■ **Brief**: Return, exactly and in full, the lines of the records below starting at the one with "(migrate_state-Belongs json state_hash" and ending at the one with "(ensure (nat_beq source 1)", and no other lines.
====== Supplied material
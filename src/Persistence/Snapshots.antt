-- ===== src/Persistence/Snapshots.antt =====
-- What a snapshot that is read for a scenario is like, in crates/crownline_core/src/persistence.rs.
use crownline.Prelude.{
  ℕ, ◌≡◌, List, arith, Bool-cases, inl, inr, nat_beq, nat_beq_iff, ok, ensure, map_err, >>=-eq-ok,
  Ensures, >>=-Ensures, >>=-Ensures_any,
}
use crownline.Scenario.Types.{ScenarioDefinition}
use crownline.State.Repetition.{StateHash}
use crownline.Persistence.Types.{
  snapshot_format_version, SaveEnvelope, SnapshotEnvelope, malformed_json,
  unsupported_snapshot_version, Json,
}
use crownline.Persistence.Envelope.{
  check_size, validate_save, validate_snapshot, declared_version, set_version_fields,
  reject_legacy_fog_migration,
}
use crownline.Persistence.Reader.{
  check_against, snapshot_from_json, snapshot_format_one, snapshot_from_json_with_scenario,
}
use crownline.Persistence.Integrity.{Intact, validate_save-Intact}
use crownline.Persistence.Belonging.{Belongs, check_against-Belongs, migrate_state-Belongs}

-- The save of the same state.
abbrev pub as_save : SnapshotEnvelope → SaveEnvelope
as_save e = record {
  format_version = e.format_version;
  application_version = e.application_version;
  scenario_schema_version = e.scenario_schema_version;
  scenario_id = e.scenario_id;
  state_hash = e.state_hash;
  state = e.state;
}

-- The snapshot is intact as a save is, and of the revision of its state.
abbrev pub SnapshotIntact : StateHash → SnapshotEnvelope → Type 0
SnapshotIntact state_hash e = Intact state_hash (as_save e) × (e.revision ≡ e.state.revision)

validate_snapshot-Intact :
    (state_hash : StateHash) (e : SnapshotEnvelope)
    → validate_snapshot state_hash e ≡ ok tt
    → SnapshotIntact state_hash e
unfolding validate_snapshot validate_save
validate_snapshot-Intact state_hash e h =
    let (_, valid, same) = >>=-eq-ok (validate_save state_hash (as_save e)) _ h in
    (
      validate_save-Intact state_hash (as_save e) (ground (arith, valid)),
      ground (arith, same, nat_beq_iff e.revision e.state.revision),
    )

snapshot_from_json-Intact :
    (json : Json) (state_hash : StateHash) (bytes : List ℕ)
    → Ensures (SnapshotIntact state_hash) (snapshot_from_json json state_hash bytes)
unfolding snapshot_from_json
snapshot_from_json-Intact json state_hash bytes =
    let P = SnapshotIntact state_hash in
    >>=-Ensures_any P (check_size bytes) _ λ _ _.
      >>=-Ensures_any P (map_err (json.read_snapshot bytes) malformed_json) _ λ e _.
        >>=-Ensures_any P (validate_snapshot state_hash e) _
          λ _ valid. validate_snapshot-Intact state_hash e valid

-- A snapshot that is intact and belongs to the scenario.
abbrev pub SnapshotFits : StateHash → ScenarioDefinition → SnapshotEnvelope → Type 0
SnapshotFits state_hash scenario e =
    SnapshotIntact state_hash e × Belongs scenario e.scenario_id e.state

snapshot_format_one-Fits :
    (json : Json) (state_hash : StateHash) (scenario : ScenarioDefinition) (source : ℕ)
    (value : json.Value)
    → Ensures
        (SnapshotFits state_hash scenario)
        (snapshot_format_one json state_hash scenario source value)
unfolding snapshot_format_one
snapshot_format_one-Fits json state_hash scenario source value =
    let P = SnapshotFits state_hash scenario in
    >>=-Ensures_any P (reject_legacy_fog_migration source scenario) _ λ _ _.
      >>=-Ensures_any P (set_version_fields json value snapshot_format_version) _ λ current _.
        >>=-Ensures_any P (map_err (json.snapshot_of current) malformed_json) _ λ legacy _.
          >>=-Ensures (λ m. Belongs scenario legacy.scenario_id m.0) P _ _
            (migrate_state-Belongs json state_hash scenario source legacy.scenario_id legacy.state)
            λ migrated belongs.
              let e : SnapshotEnvelope = record legacy {
                state = migrated.0;
                state_hash = migrated.1;
              } in
              >>=-Ensures_any P (validate_snapshot state_hash e) _
                λ _ valid. (validate_snapshot-Intact state_hash e valid, belongs)

-- A snapshot that is read for a scenario is of the revision of its state and carries its hash, its
-- scenario is playable, and its state satisfies the invariants and passes the checks of its
-- promotions and of its exploration against that scenario, also where it was migrated from format 1.
pub snapshot_from_json_with_scenario-SnapshotFits :
    (json : Json) (state_hash : StateHash) (bytes : List ℕ) (scenario : ScenarioDefinition)
    → Ensures
        (SnapshotFits state_hash scenario)
        (snapshot_from_json_with_scenario json state_hash bytes scenario)
unfolding snapshot_from_json_with_scenario
snapshot_from_json_with_scenario-SnapshotFits json state_hash bytes scenario =
    let P = SnapshotFits state_hash scenario in
    >>=-Ensures_any P (check_size bytes) _ λ _ _.
      >>=-Ensures_any P (map_err (json.parse bytes) malformed_json) _ λ value _.
        >>=-Ensures_any P (declared_version json value) _ λ source _.
          elim (Bool-cases (nat_beq source snapshot_format_version)) [
            | inl present ↦ rw present (
                >>=-Ensures (SnapshotIntact state_hash) P _ _
                  (snapshot_from_json-Intact json state_hash bytes)
                  λ e intact.
                    >>=-Ensures_any P (check_against scenario e.scenario_id e.state) _ λ _ checked.
                      (intact, check_against-Belongs scenario e.scenario_id e.state checked))
            | inr other ↦ rw other (
                >>=-Ensures_any P
                  (ensure (nat_beq source 1)
                    (unsupported_snapshot_version source snapshot_format_version))
                  _ λ _ _. snapshot_format_one-Fits json state_hash scenario source value)
          ]
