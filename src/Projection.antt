-- ===== src/Projection.antt =====
-- What a seat is shown of a match: crates/crownline_core/src/projection.rs.
pub mod Types
pub mod View
pub mod Intents
pub mod Events
pub mod Named
pub mod Privacy
pub mod Facts
pub mod Discretion
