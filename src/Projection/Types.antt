-- ===== src/Projection/Types.antt =====
-- The data of crates/crownline_core/src/projection.rs. The views of owned sites and the identifiers of
-- castling routes are lists where the source has sets, whose order only their encoding reads.
use crownline.Prelude.{ℕ, Bool, Option, List, String, ℤ}
use crownline.Prelude.Map.{Map}
use crownline.Scenario.Types.{Coord, BoardSize, Player, PieceKind, TileTerrain, Edge, EdgeKind}
use crownline.State.Types.{
  PieceId, Piece, PieceOrigin, EnPassantState, PromotionEligibility, ClockState, MatchOutcome,
}
use crownline.State.Errors.{TransitionError}

abbrev pub player_view_schema_version : ℕ
player_view_schema_version = 1

pub record StaticOwnedSiteView : Type 0 where
  pub id : String
  pub owner : Player

-- A site is shown by its identifier, `StaticSiteView`.
pub record KnownSquare : Type 0 where
  pub at : Coord
  pub terrain : TileTerrain
  pub settlement : Option String
  pub promotion_site : Option String
  pub keeps : List StaticOwnedSiteView
  pub fortifications : List StaticOwnedSiteView

pub record KnownEdge : Type 0 where
  pub edge : Edge
  pub kind : EdgeKind

pub record ViewPiece : Type 0 where
  pub id : PieceId
  pub owner : Player
  pub kind : PieceKind
  pub at : Coord
  pub origin : PieceOrigin
  pub has_moved : Bool

-- `ViewPiece::from`.
abbrev pub view_piece : Piece → ViewPiece
view_piece piece = record {
  id = piece.id;
  owner = piece.owner;
  kind = piece.kind;
  at = piece.at;
  origin = piece.origin;
  has_moved = piece.has_moved;
}

pub data GovernanceState : Type 0 where
  ungoverned governed : GovernanceState

pub record SettlementDynamicView : Type 0 where
  pub owner : Option Player
  pub founder : Option PieceId
  pub establishment_progress : ℕ
  pub established : Bool
  pub production_progress : ℕ
  pub produced_pawn : Option PieceId
  pub cycle_interrupted : Bool
  pub completed_cycle_continuous : Bool
  pub transfer_candidate : Option PieceId
  pub governance : GovernanceState

pub record SettlementView : Type 0 where
  pub site_index : ℕ
  pub id : String
  pub at : Coord
  pub dynamic : Option SettlementDynamicView

pub data ViewMandatoryChoice : Type 0 where
  promote_view :
      (pawn : PieceId) (site_index : ℕ) (eligibility : PromotionEligibility) → ViewMandatoryChoice
  place_pawn_view : (settlement_index : ℕ) → ViewMandatoryChoice

pub data ViewTurnPhase : Type 0 where
  command_view : ViewTurnPhase
  own_choices : (queue : List ViewMandatoryChoice) → ViewTurnPhase
  private_choice : (player : Player) (remaining : ℕ) → ViewTurnPhase

pub record PlayerView : Type 0 where
  pub schema_version : ℕ
  pub seat : Player
  pub scenario_id : String
  pub revision : ℕ
  pub projection_hash : String
  pub board : BoardSize
  pub pawn_forward_y : ℤ
  pub allow_pawn_double_step : Bool
  pub visible : List Coord
  pub squares : List KnownSquare
  pub edges : List KnownEdge
  pub pieces : Map ViewPiece
  pub settlements : Map SettlementView
  pub promotion_candidates : Map ℕ
  pub own_castling_routes : List String
  pub own_castling_destinations : List Coord
  pub en_passant : Option EnPassantState
  pub active_player : Player
  pub turn_number : ℕ
  pub phase : ViewTurnPhase
  pub checked_players : List Player
  pub clocks : Option ClockState
  pub outstanding_draw_offer : Option Player
  pub outcome : Option MatchOutcome

pub record HoverView : Type 0 where
  pub at : Coord
  pub currently_visible : Bool
  pub square : KnownSquare
  pub piece : Option ViewPiece

pub data PlayerEvent : Type 0 where
  own_piece_moved : (piece : PieceId) (from to : Coord) → PlayerEvent
  own_piece_captured : (piece : PieceId) → PlayerEvent
  own_piece_promoted : (pawn promoted : PieceId) (kind : PieceKind) (place : Coord) → PlayerEvent
  own_pawn_produced : (settlement_index : ℕ) (pawn : PieceId) (place : Coord) → PlayerEvent
  observed_settlement_changed : (settlement_index : ℕ) → PlayerEvent
  clock_changed draw_changed : PlayerEvent
  turn_begun : (player : Player) (turn_number : ℕ) → PlayerEvent
  match_over : (outcome : MatchOutcome) → PlayerEvent
  action_resolved : (player : Player) → PlayerEvent

pub data PlayerIntentError : Type 0 where
  illegal_intent : PlayerIntentError

-- What ends a projection: an error that it returns, or an index out of range, which panics.
pub data ProjectionError : Type 0 where
  failed : TransitionError → ProjectionError
  panicked : ProjectionError
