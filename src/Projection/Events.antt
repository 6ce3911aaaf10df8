-- ===== src/Projection/Events.antt =====
-- `project_events` of crates/crownline_core/src/projection.rs.
use crownline.Prelude.{
  ℕ, ◌||◌, Bool, true, false, Option, none, some, List, [], ◌∷◌, if◌then◌else◌, find, is_some_and,
  get_elem?, contains, nat_beq, option_beq, ok, err, Result,
}
use crownline.Prelude.Map
use crownline.Prelude.Map.{Map}
use crownline.Scenario.Types.{Coord, coord_eq, Player, player_beq, player_eq, ScenarioDefinition}
use crownline.State.Types.{PieceId, MatchState}
use crownline.State.Errors.{TransitionError}
use crownline.State.Vision.{visible_coordinates}
use crownline.Rules.Events.{
  TransitionEvent, piece_moved, piece_captured, clock_advanced, clock_increment_applied,
  piece_promoted, pawn_produced, settlement_continuity_interrupted, settlement_cycle_started,
  settlement_claimed, settlement_contested, settlement_transfer_cancelled, settlement_transferred,
  settlement_development_advanced, settlement_established, settlement_production_advanced,
  settlement_production_reset, pawn_placement_ready, draw_offered, draw_answered, turn_started,
  match_ended,
}
use crownline.Projection.Types.{
  PlayerEvent, own_piece_moved, own_piece_captured, own_piece_promoted, own_pawn_produced,
  observed_settlement_changed, clock_changed, draw_changed, turn_begun, match_over, action_resolved,
}

-- `unwrap_or_default` of the squares that the seat sees.
abbrev pub visible_or_none : Result (List Coord) TransitionError → List Coord
visible_or_none (ok cs) = cs
visible_or_none (err e) = []

-- The seat's piece of this identifier, before or after.
unfoldable pub owns : MatchState → Player → PieceId → Bool
owns state seat id = is_some_and (Map.get id state.pieces) (λ piece. player_beq piece.owner seat)

unfoldable pub settlement_permitted :
    ScenarioDefinition → MatchState → Player → List Coord → ℕ → Bool
settlement_permitted scenario after seat visible index =
    is_some_and (get_elem? scenario.settlements index) (λ site. contains visible site.at)
    || is_some_and (find (λ s. nat_beq s.site_index index) after.settlements)
        (λ s. option_beq s.owner (some seat))

-- The settlement that an event is about, of those that may be observed.
abbrev pub settlement_index : TransitionEvent → Option ℕ
settlement_index (settlement_continuity_interrupted index) = some index
settlement_index (settlement_cycle_started index player continuous) = some index
settlement_index (settlement_claimed index owner founder) = some index
settlement_index (settlement_contested index candidate) = some index
settlement_index (settlement_transfer_cancelled index candidate) = some index
settlement_index (settlement_transferred index previous owner founder) = some index
settlement_index (settlement_development_advanced index progress) = some index
settlement_index (settlement_established index) = some index
settlement_index (settlement_production_advanced index progress) = some index
settlement_index (settlement_production_reset index) = some index
settlement_index (pawn_placement_ready index squares) = some index
settlement_index _ = none

abbrev pub event_when : Bool → PlayerEvent → Option PlayerEvent
event_when test event = if test then some event else none

-- The `match` of the loop: what of an event may be told as it is.
unfoldable pub safe_event : MatchState → MatchState → Player → TransitionEvent → Option PlayerEvent
unfolding owns
safe_event before after seat (piece_moved piece from to) =
    event_when (owns after seat piece) (own_piece_moved piece from to)
safe_event before after seat (piece_captured piece place) =
    event_when (owns before seat piece) (own_piece_captured piece)
safe_event before after seat (piece_promoted pawn promoted kind place) =
    event_when (owns after seat promoted) (own_piece_promoted pawn promoted kind place)
safe_event before after seat (pawn_produced index pawn place) =
    event_when (owns after seat pawn) (own_pawn_produced index pawn place)
safe_event before after seat (clock_advanced player elapsed remaining) = some clock_changed
safe_event before after seat (clock_increment_applied player increment remaining) =
    some clock_changed
safe_event before after seat (draw_offered player) = some draw_changed
safe_event before after seat (draw_answered player accepted) = some draw_changed
safe_event before after seat (turn_started player turn) = some (turn_begun player turn)
safe_event before after seat (match_ended outcome) = some (match_over outcome)
safe_event before after seat _ = none

-- What an event becomes: an event for the seat, or one that is told of only as an action.
abbrev pub observed : (ℕ → Bool) → Option ℕ → Option PlayerEvent
observed permitted none = none
observed permitted (some index) = event_when (permitted index) (observed_settlement_changed index)

abbrev pub or_observed : Option PlayerEvent → Option PlayerEvent → Option PlayerEvent
or_observed none other = other
or_observed (some event) other = some event

unfoldable pub project_event :
    ScenarioDefinition
    → MatchState
    → MatchState
    → Player
    → List Coord
    → TransitionEvent
    → Option PlayerEvent
unfolding safe_event settlement_permitted
project_event scenario before after seat visible event =
    or_observed (safe_event before after seat event)
      (observed (settlement_permitted scenario after seat visible) (settlement_index event))

-- The loop, with `collapsed_opponent` so far.
unfoldable pub project_each :
    (TransitionEvent → Option PlayerEvent) → Player → Bool → List TransitionEvent → List PlayerEvent
project_each project active collapsed [] = if collapsed then action_resolved active ∷ [] else []
project_each project active collapsed (event ∷ rest) = elim (project event) [
  | some told ↦ told ∷ project_each project active collapsed rest
  | none ↦ project_each project active true rest
]

unfoldable pub project_events :
    ScenarioDefinition → MatchState → MatchState → Player → List TransitionEvent → List PlayerEvent
unfolding project_event project_each
project_events scenario before after seat events =
    let visible = visible_or_none (visible_coordinates scenario after seat) in
    project_each (project_event scenario before after seat visible) before.active_player false
      events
============
■ **Exercise result**:
            (migrate_state-Belongs json state_hash scenario source legacy.scenario_id legacy.state)
            λ migrated belongs.
              let e : SnapshotEnvelope = record legacy {
                state = migrated.0;
                state_hash = migrated.1;
              } in
              >>=-Ensures_any P (validate_snapshot state_hash e) _
                λ _ valid. (validate_snapshot-Intact state_hash e valid, belongs)

-- A snapshot that is read for a scenario is of the revision of its state and carries its hash, its
-- scenario is playable, and its state satisfies the invariants and passes the checks of its
-- promotions and of its exploration against that scenario, also where it was migrated from format 1.
pub snapshot_from_json_with_scenario-SnapshotFits :
    (json : Json) (state_hash : StateHash) (bytes : List ℕ) (scenario : ScenarioDefinition)
    → Ensures
        (SnapshotFits state_hash scenario)
        (snapshot_from_json_with_scenario json state_hash bytes scenario)
unfolding snapshot_from_json_with_scenario
snapshot_from_json_with_scenario-SnapshotFits json state_hash bytes scenario =
    let P = SnapshotFits state_hash scenario in
    >>=-Ensures_any P (check_size bytes) _ λ _ _.
      >>=-Ensures_any P (map_err (json.parse bytes) malformed_json) _ λ value _.
        >>=-Ensures_any P (declared_version json value) _ λ source _.
          elim (Bool-cases (nat_beq source snapshot_format_version)) [
            | inl present ↦ rw present (
                >>=-Ensures (SnapshotIntact state_hash) P _ _
                  (snapshot_from_json-Intact json state_hash bytes)
                  λ e intact.
                    >>=-Ensures_any P (check_against scenario e.scenario_id e.state) _ λ _ checked.
                      (intact, check_against-Belongs scenario e.scenario_id e.state checked))
            | inr other ↦ rw other (
                >>=-Ensures_any P
                  (ensure (nat_beq source 1)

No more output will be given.